Purpose. Vascular endothelial dysfunction is a major risk factor after renal transplantation. We assessed endothelial function in the plasma of a subset of renal transplant patients enrolled in the Novartis US92 trial using a comprehensive combined targeted and non-targeted metabolomics strategy to assess changes in metabolite patterns. Methods. Plasma was collected longitudinally (baseline, 1, 2, 4 and 6 months) from 116 patients. In addition to ADMA, SDMA, arginine, homcysteine, methionine, cysteine, glutathione, 8-isoprostanes, amino acid profiles, fatty acid profiles and a plasma metabolomics panel (HPLC-MS/MS and GC-MS), plasma concentrations of endothelial dysfunction markers (S-adenosylmethionine (SAM) and S-adenosylhomocysteine (SAH) (n=457) and sixteen bioactive lipid mediators (hydroxyoctadecadienoic acid/ hydroxyeicosatetraenoic acid/hydroxyeicosapentaenoic acid (HODE/HETE/HEPE) n=470) were analyzed using HPLC-MS/MS. Results. SAM and SAH concentrations decreased (ANOVA p< 0.05) with improvement in GFRs. Comparison of SAM and SAH concentrations during episodes of biopsy proven acute rejection (BPAR) and periods of normal renal function, defined as GFR ≥ 90 mL/min per 1.73m2, showed significant elevations (p< 0.05) of both analytes. Interestingly, SAH was already elevated before BPAR was diagnosed (p < 0.05, Tukey HSD post hoc test), while creatinine in serum and GFRs remained unchanged. Four out of 16 bioactive lipids were changed (12-HETE, 20-HETE, 12-HEPE, and 18-HEPE; ANOVA p< 0.05) when correlated to GFR. Significant increases were observed in 18-HEPE and 12-HETE concentrations not only in samples collected during BPAR episodes (p< 0.05), but 12-HETE was also elevated in samples collected preceding BPAR (p< 0.05, Tukey HSD). Again, these changes were observed before there were any relevant changes in creatinine and GFR. Summary.

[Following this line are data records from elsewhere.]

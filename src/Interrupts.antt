-- ===== src/Interrupts.antt =====
-- The interrupt descriptor table and its handlers, interrupts_x86.c of arch/x86/libs/interrupts_x86,
-- on a 64 bit processor. What the handlers print is left out.
pub mod Table
mod Tests
use Prim.Native.Nat.{bit_and, bit_or}
use sadie.Prelude.{
  ℕ, zero, suc, ◌+◌, ◌-◌, ◌*◌, ◌/◌, ◌%◌, ◌^◌, Bool, true, false, ◌==◌, if◌then◌else◌,
}
use sadie.Word.{u32, u64}

-- `IntrGate`
pub record IntrGate : Type 0 where
  pub offset_lo : ℕ
  pub segment : ℕ
  pub ist : ℕ
  pub type : ℕ
  pub dpl : ℕ
  pub p : ℕ
  pub offset_hi : ℕ

-- The handlers. Those named `expt` take an error code from the stack.
pub data Handler : Type 0 where
  intr_undefined : (idx : ℕ) → Handler
  intr_divide_err : Handler
  intr_debug : Handler
  intr_nmi : Handler
  intr_breakpoint : Handler
  intr_overflow : Handler
  intr_bound_range : Handler
  intr_invalid_opcode : Handler
  intr_device_not_available : Handler
  expt_double_fault : Handler
  intr_coprocessor_segment_overrun : Handler
  expt_invalid_tss : Handler
  expt_segment_not_present : Handler
  expt_stack_fault : Handler
  expt_general_protection : Handler
  expt_page_fault : Handler
  intr_x87_floating_point : Handler
  expt_alignment_check : Handler
  intr_machine_check : Handler
  intr_simd_floating_point : Handler
  intr_virtualization : Handler

-- The counters of the handlers: one for each vector that `INTR_UNDEFINED` is used with, and one for
-- each of the other handlers, here by the vector that it is for.
pub record Interrupts : Type 0 where
  pub idt : ℕ → IntrGate
  pub intr_undefined_counter : ℕ → ℕ
  pub counter : ℕ → ℕ
  pub idtr_limit : ℕ
  pub idtr_iig : ℕ

-- How an interrupt ends.
pub data Ending : Type 0 where
  apic_eoi : Ending
  reset : Ending

abbrev pub count_and_reset : Interrupts → ℕ → Interrupts × Ending
count_and_reset s v =
    (record s { counter = λ j. if j == v then u32 (s.counter v + 1) else s.counter j }, reset)

-- The body of `INTR_UNDEFINED(idx)`.
abbrev pub run_undefined : Interrupts → ℕ → Interrupts × Ending
run_undefined s idx = (
  record s {
    intr_undefined_counter = λ j.
        if j == idx then u64 (s.intr_undefined_counter idx + 1) else s.intr_undefined_counter j;
  },
  apic_eoi,
)

-- The faults, traps and aborts up to the invalid opcode.
unfoldable pub run : Handler → Interrupts → Interrupts × Ending
run (intr_undefined idx) s = run_undefined s idx
run intr_divide_err s = count_and_reset s 0
run intr_debug s = count_and_reset s 1
run intr_nmi s = count_and_reset s 2
run intr_breakpoint s = count_and_reset s 3
run intr_overflow s = count_and_reset s 4
run intr_bound_range s = count_and_reset s 5
run intr_invalid_opcode s = count_and_reset s 6
run intr_device_not_available s = count_and_reset s 7
run expt_double_fault s = count_and_reset s 8
run intr_coprocessor_segment_overrun s = count_and_reset s 9
run expt_invalid_tss s = count_and_reset s 10
run expt_segment_not_present s = count_and_reset s 11
run expt_stack_fault s = count_and_reset s 12
run expt_general_protection s = count_and_reset s 13
run expt_page_fault s = count_and_reset s 14
run intr_x87_floating_point s = count_and_reset s 16
run expt_alignment_check s = count_and_reset s 17
run intr_machine_check s = count_and_reset s 18
run intr_simd_floating_point s = count_and_reset s 19
run intr_virtualization s = count_and_reset s 20

-- `INTR_GATE_OFFSET_LO`, `INTR_GATE_OFFSET_HI`, `GET_INTR_GATE_OFFSET`
abbrev pub offset_lo_of : ℕ → ℕ
offset_lo_of addr = bit_and addr (2 ^ 16 - 1)

abbrev pub offset_hi_of : ℕ → ℕ
offset_hi_of addr = bit_and (addr / 2 ^ 16) (2 ^ 48 - 1)

unfoldable pub get_intr_gate_offset : IntrGate → ℕ
get_intr_gate_offset gate = bit_or (gate.offset_hi * 2 ^ 16 % 2 ^ 64) gate.offset_lo

-- `DT_64_INTR_GATE`
abbrev pub dt_64_intr_gate : ℕ
dt_64_intr_gate = 14

-- `set_intr_gate` and `set_expt_gate`, which are the same but for the type of the handler.
unfoldable pub set_gate : (handler : ℕ) → IntrGate
set_gate h = record {
  offset_lo = offset_lo_of h % 2 ^ 16;
  segment = 8;
  ist = 0;
  type = dt_64_intr_gate;
  dpl = 0;
  p = 1;
  offset_hi = offset_hi_of h % 2 ^ 48;
}

-- `set_intr_handler` and `set_expt_handler`
abbrev pub set_handler : Interrupts → (intr_num handler : ℕ) → Interrupts
set_handler s n h = record s { idt = λ j. if j == n then set_gate h else s.idt j }

-- `set_idtr`, with the address of the table.
abbrev pub set_idtr : Interrupts → (idt count : ℕ) → Interrupts
set_idtr s idt count = record s {
  idtr_limit = bit_and (u64 (idt + count * 16 + 2 ^ 64 - idt - 1)) 0xffff;
  idtr_iig = idt;
}

module _ (address : Handler → ℕ) where
  -- `init_idt_to_undefined`, for `left` vectors from `n` on; it has one line for each of 256.
  unfoldable pub init_idt_to_undefined : (left n : ℕ) → Interrupts → Interrupts
  init_idt_to_undefined zero n s = s
  init_idt_to_undefined (suc left) n s =
      init_idt_to_undefined left (n + 1) (set_handler s n (address (intr_undefined n)))

  -- The handlers of `initialize_intr_descriptor_table`, in its order.
  abbrev pub set_faults : Interrupts → Interrupts
  set_faults s0 =
      let s1 = set_handler s0 0 (address intr_divide_err) in
      let s2 = set_handler s1 1 (address intr_debug) in
      let s3 = set_handler s2 2 (address intr_nmi) in
      let s4 = set_handler s3 3 (address intr_breakpoint) in
      let s5 = set_handler s4 4 (address intr_overflow) in
      let s6 = set_handler s5 5 (address intr_bound_range) in
      let s7 = set_handler s6 6 (address intr_invalid_opcode) in
      let s8 = set_handler s7 7 (address intr_device_not_available) in
      let s9 = set_handler s8 8 (address expt_double_fault) in
      let s10 = set_handler s9 9 (address intr_coprocessor_segment_overrun) in
      let s11 = set_handler s10 10 (address expt_invalid_tss) in
      let s12 = set_handler s11 11 (address expt_segment_not_present) in
      let s13 = set_handler s12 12 (address expt_stack_fault) in
      let s14 = set_handler s13 13 (address expt_general_protection) in
      let s15 = set_handler s14 14 (address expt_page_fault) in
      let s16 = set_handler s15 16 (address intr_x87_floating_point) in
      let s17 = set_handler s16 17 (address expt_alignment_check) in
      let s18 = set_handler s17 18 (address intr_machine_check) in
      let s19 = set_handler s18 19 (address intr_simd_floating_point) in
      set_handler s19 20 (address intr_virtualization)

  -- The counters that it sets to 0; those for 7 and 9 are left.
  abbrev pub cleared : Interrupts → Interrupts
  cleared s = record s {
    counter = λ j. if j == 7 then s.counter 7 else (if j == 9 then s.counter 9 else 0);
  }

  -- `initialize_intr_descriptor_table`, with the address of `idt`.
  unfoldable pub initialize_intr_descriptor_table : (idt : ℕ) → Interrupts → Interrupts
  unfolding init_idt_to_undefined set_gate
  initialize_intr_descriptor_table idt s =
      set_idtr (set_faults (init_idt_to_undefined 256 0 (cleared s))) idt 256
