-- ===== src/Interrupts/Table.antt =====
-- What the processor finds in the table.
use native.Mathlib.Nat.{mod-eq_of_lt}
use sadie.Prelude.{
  ℕ, zero, suc, ◌+◌, ◌-◌, ◌*◌, ◌/◌, ◌%◌, ◌^◌, ◌≤◌, ◌<◌, ◌≡◌, refl, ◌∙◌, Bool, true, false, ◌||◌,
  ◌&&◌, arith, ◌==◌, leb, if◌then◌else◌, Bool-cases, inl, inr,
}
use sadie.Prelude.Bits.{bit_and-ones, bit_or-shifted}
use sadie.Word.{u64}
use sadie.Interrupts.{
  IntrGate, Handler, intr_undefined, intr_divide_err, intr_debug, intr_nmi, intr_breakpoint,
  intr_overflow, intr_bound_range, intr_invalid_opcode, intr_device_not_available,
  expt_double_fault, intr_coprocessor_segment_overrun, expt_invalid_tss, expt_segment_not_present,
  expt_stack_fault, expt_general_protection, expt_page_fault, intr_x87_floating_point,
  expt_alignment_check, intr_machine_check, intr_simd_floating_point, intr_virtualization,
  Interrupts, get_intr_gate_offset, set_gate, set_handler, init_idt_to_undefined, cleared, Ending,
  apic_eoi, reset, run, dt_64_intr_gate, initialize_intr_descriptor_table,
}

-- Which handler is for which vector.
abbrev pub handler_of : ℕ → Handler
handler_of n =
    if n == 20
    then intr_virtualization
    else (if n == 19
        then intr_simd_floating_point
        else (if n == 18
            then intr_machine_check
            else (if n == 17
                then expt_alignment_check
                else (if n == 16
                    then intr_x87_floating_point
                    else (if n == 14
                        then expt_page_fault
                        else (if n == 13
                            then expt_general_protection
                            else (if n == 12
                                then expt_stack_fault
                                else (if n == 11
                                    then expt_segment_not_present
                                    else (if n == 10
                                        then expt_invalid_tss
                                        else (if n == 9
                                            then intr_coprocessor_segment_overrun
                                            else (if n == 8
                                                then expt_double_fault
                                                else (if n == 7
                                                    then intr_device_not_available
                                                    else (if n == 6
                                                        then intr_invalid_opcode
                                                        else (if n == 5
                                                            then intr_bound_range
                                                            else (if n == 4
                                                            then intr_overflow
                                                            else (if n == 3
                                                            then intr_breakpoint
                                                            else (if n == 2
                                                            then intr_nmi
                                                            else (if n == 1
                                                            then intr_debug
                                                            else (if n == 0
                                                            then intr_divide_err
                                                            else intr_undefined n)))))))))))))))))))

-- A handler whose second parameter is an error code.
abbrev pub takes_error_code : Handler → Bool
takes_error_code expt_double_fault = true
takes_error_code expt_invalid_tss = true
takes_error_code expt_segment_not_present = true
takes_error_code expt_stack_fault = true
takes_error_code expt_general_protection = true
takes_error_code expt_page_fault = true
takes_error_code expt_alignment_check = true
takes_error_code _ = false

-- The vectors for which the processor pushes an error code, up to the alignment check, from the table
-- of exceptions in its manual.
abbrev pub pushes_error_code : ℕ → Bool
pushes_error_code n = (n == 8) || ((leb 10 n && leb n 14) || (n == 17))

takes_error_code-handler_of : (n : ℕ) → takes_error_code (handler_of n) ≡ pushes_error_code n
takes_error_code-handler_of n = ground arith

module _ (address : Handler → ℕ) where
  init_idt-other :
      (left n : ℕ) (s : Interrupts) (j : ℕ)
      → j < n
      → (init_idt_to_undefined address left n s).idt j ≡ s.idt j
  unfolding init_idt_to_undefined
  init_idt-other zero n s j lt = refl
  init_idt-other (suc left) n s j lt =
      init_idt-other left (n + 1) (set_handler s n (address (intr_undefined n))) j (omega arith)
      ∙ ground arith

  init_idt-undefined :
      (left n : ℕ) (s : Interrupts) (j : ℕ)
      → n ≤ j
      → j < n + left
      → (init_idt_to_undefined address left n s).idt j ≡ set_gate (address (intr_undefined j))
  unfolding init_idt_to_undefined
  init_idt-undefined zero n s j lo hi = absurd (omega arith)
  init_idt-undefined (suc left) n s j lo hi = elim (Bool-cases (j == n)) [
    | inl here ↦
        let at : j ≡ n = ground arith in
        init_idt-other left (n + 1) (set_handler s n (address (intr_undefined n))) j (omega arith)
        ∙ ground arith
    | inr later ↦
        init_idt-undefined left (n + 1) (set_handler s n (address (intr_undefined n))) j
          (ground arith) (omega arith)
  ]

  -- A choice between gates is the gate of the choice between their handlers.
  choose :
      (b : Bool) (x y : Handler) {g : IntrGate}
      → g ≡ set_gate (address y)
      → (if b then set_gate (address x) else g) ≡ set_gate (address (if b then x else y))
  choose true x y e = refl
  choose false x y e = e

  idt-handler_of :
      (idt : ℕ) (s : Interrupts) (n : ℕ)
      → n < 256
      → (initialize_intr_descriptor_table address idt s).idt n ≡ set_gate (address (handler_of n))
  unfolding initialize_intr_descriptor_table
  idt-handler_of idt s n lt =
      let u = init_idt-undefined 256 0 (cleared address s) n (omega arith) lt in
      choose (n == 20) intr_virtualization _ (
        choose (n == 19) intr_simd_floating_point _ (
          choose (n == 18) intr_machine_check _ (
            choose (n == 17) expt_alignment_check _ (
              choose (n == 16) intr_x87_floating_point _ (
                choose (n == 14) expt_page_fault _ (
                  choose (n == 13) expt_general_protection _ (
                    choose (n == 12) expt_stack_fault _ (
                      choose (n == 11) expt_segment_not_present _ (
                        choose (n == 10) expt_invalid_tss _ (
                          choose (n == 9) intr_coprocessor_segment_overrun _ (
                            choose (n == 8) expt_double_fault _ (
                              choose (n == 7) intr_device_not_available _ (
                                choose (n == 6) intr_invalid_opcode _ (
                                  choose (n == 5) intr_bound_range _ (
                                    choose (n == 4) intr_overflow _ (
                                      choose (n == 3) intr_breakpoint _ (
                                        choose (n == 2) intr_nmi _ (
                                          choose (n == 1) intr_debug _
                                            (choose (n == 0) intr_divide_err _ u)))))))))))))))))))

get-set_gate : (h : ℕ) → h < 2 ^ 64 → get_intr_gate_offset (set_gate h) ≡ h
unfolding get_intr_gate_offset set_gate
get-set_gate h small =
    let shifted : h / 2 ^ 16 % 2 ^ 48 % 2 ^ 48 * 2 ^ 16 < 2 ^ 64 = omega arith in
    rw (bit_and-ones 16 h, bit_and-ones 48 (h / 2 ^ 16), mod-eq_of_lt shifted)
      (bit_or-shifted 16 (h / 2 ^ 16 % 2 ^ 48 % 2 ^ 48) (h % 2 ^ 16 % 2 ^ 16) (omega arith)
        ∙ omega arith)

-- The vectors with a handler of their own reset the machine, the others acknowledge the interrupt.
abbrev pub ending_of : ℕ → Ending
ending_of n = if leb n 20 && (if n == 15 then false else true) then reset else apic_eoi

run-handler_of : (n : ℕ) (s : Interrupts) → (run (handler_of n) s).1 ≡ ending_of n
unfolding run
run-handler_of n s = ground arith

gate_fields :
    (h : ℕ)
    → ((set_gate h).p ≡ 1) × ((set_gate h).type ≡ dt_64_intr_gate) × ((set_gate h).segment ≡ 8)
unfolding set_gate
gate_fields h = (refl, refl, refl)

limit :
    (address : Handler → ℕ) (idt : ℕ) (s : Interrupts)
    → (initialize_intr_descriptor_table address idt s).idtr_limit ≡ 256 * 16 - 1
unfolding initialize_intr_descriptor_table
limit address idt s =
    let size : u64 (idt + 256 * 16 + 2 ^ 64 - idt - 1) ≡ 256 * 16 - 1 = omega arith in rw size refl

-- After initialisation, with handlers at 64 bit addresses, the gate of each of the 256 vectors is a
-- present interrupt gate of the kernel's code segment that leads to the vector's handler; that takes
-- an error code exactly when the processor pushes one, and resets the machine for the vectors up to
-- 20, but 15, and acknowledges the interrupt for the others. The limit is that of 256 gates.
pub initialize-gates :
    (address : Handler → ℕ)
    → ((h : Handler) → address h < 2 ^ 64)
    → (idt : ℕ) → (s : Interrupts) (n : ℕ) → n < 256
    → (get_intr_gate_offset ((initialize_intr_descriptor_table address idt s).idt n)
        ≡ address (handler_of n))
      × (((initialize_intr_descriptor_table address idt s).idt n).p ≡ 1)
      × (((initialize_intr_descriptor_table address idt s).idt n).type ≡ dt_64_intr_gate)
      × (((initialize_intr_descriptor_table address idt s).idt n).segment ≡ 8)
      × (takes_error_code (handler_of n) ≡ pushes_error_code n)
      × ((run (handler_of n) s).1 ≡ ending_of n)
      × ((initialize_intr_descriptor_table address idt s).idtr_limit ≡ 256 * 16 - 1)
initialize-gates address bounded idt s n lt =
    let at = idt-handler_of address idt s n lt in
    (
      rw at (get-set_gate (address (handler_of n)) (bounded (handler_of n))),
      rw at (gate_fields (address (handler_of n))).0,
      rw at (gate_fields (address (handler_of n))).1,
      rw at (gate_fields (address (handler_of n))).2,
      takes_error_code-handler_of n,
      run-handler_of n s,
      limit address idt s,
    )
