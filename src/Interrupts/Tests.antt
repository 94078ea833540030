-- ===== src/Interrupts/Tests.antt =====
-- A table whose handlers stand 16 bytes apart, the undefined ones behind the others.
use sadie.Prelude.{ℕ, ◌+◌, ◌-◌, ◌*◌, ◌%◌, ◌^◌, ◌<◌, ◌≡◌, arith}
use sadie.Interrupts.{
  Handler, intr_undefined, expt_page_fault, Interrupts, run, reset, dt_64_intr_gate,
  get_intr_gate_offset, initialize_intr_descriptor_table,
}
use sadie.Interrupts.Table.{takes_error_code, pushes_error_code, initialize-gates}

abbrev address : Handler → ℕ
address expt_page_fault = 0xffff_8000_0010_0000
address (intr_undefined idx) = 0x20_0000 + idx % 2 ^ 8 * 16
address _ = 0x10_0000

abbrev zeros : Interrupts
zeros = record {
  idt =
      λ _. record { offset_lo = 0; segment = 0; ist = 0; type = 0; dpl = 0; p = 0; offset_hi = 0 };
  intr_undefined_counter = λ _. 0;
  counter = λ _. 0;
  idtr_limit = 0;
  idtr_iig = 0;
}

-- The page fault.
initialize-gates_example :
    (get_intr_gate_offset ((initialize_intr_descriptor_table address 0x30_0000 zeros).idt 14)
      ≡ 0xffff_8000_0010_0000)
    × (((initialize_intr_descriptor_table address 0x30_0000 zeros).idt 14).p ≡ 1)
    × (((initialize_intr_descriptor_table address 0x30_0000 zeros).idt 14).type ≡ dt_64_intr_gate)
    × (((initialize_intr_descriptor_table address 0x30_0000 zeros).idt 14).segment ≡ 8)
    × (takes_error_code expt_page_fault ≡ pushes_error_code 14)
    × ((run expt_page_fault zeros).1 ≡ reset)
    × ((initialize_intr_descriptor_table address 0x30_0000 zeros).idtr_limit ≡ 256 * 16 - 1)
initialize-gates_example = initialize-gates address bounded 0x30_0000 zeros 14 (omega arith)
  where
    bounded : (h : Handler) → address h < 2 ^ 64
    bounded (intr_undefined idx) = omega arith
    bounded expt_page_fault = omega arith
    bounded _ = omega arith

Although a comprehensive profiling approach including a total of 609 metabolites was used, the data consistently pointed towards the transmethylation pathway (SAM and SAH) and the arachidonic acid bioactive lipid pathway (18-HEPE and 12 HETE) as the most important markers. Conclusions. These markers had already significantly changed prior to GFR and creatinine changes and should further be studied to validate their potential predictive value. DISCLOSURES:Ingle, G.: Employee, Novartis. Patel, D.: Employee, Novartis. Christians, U.: Grant/Research Support, Novartis.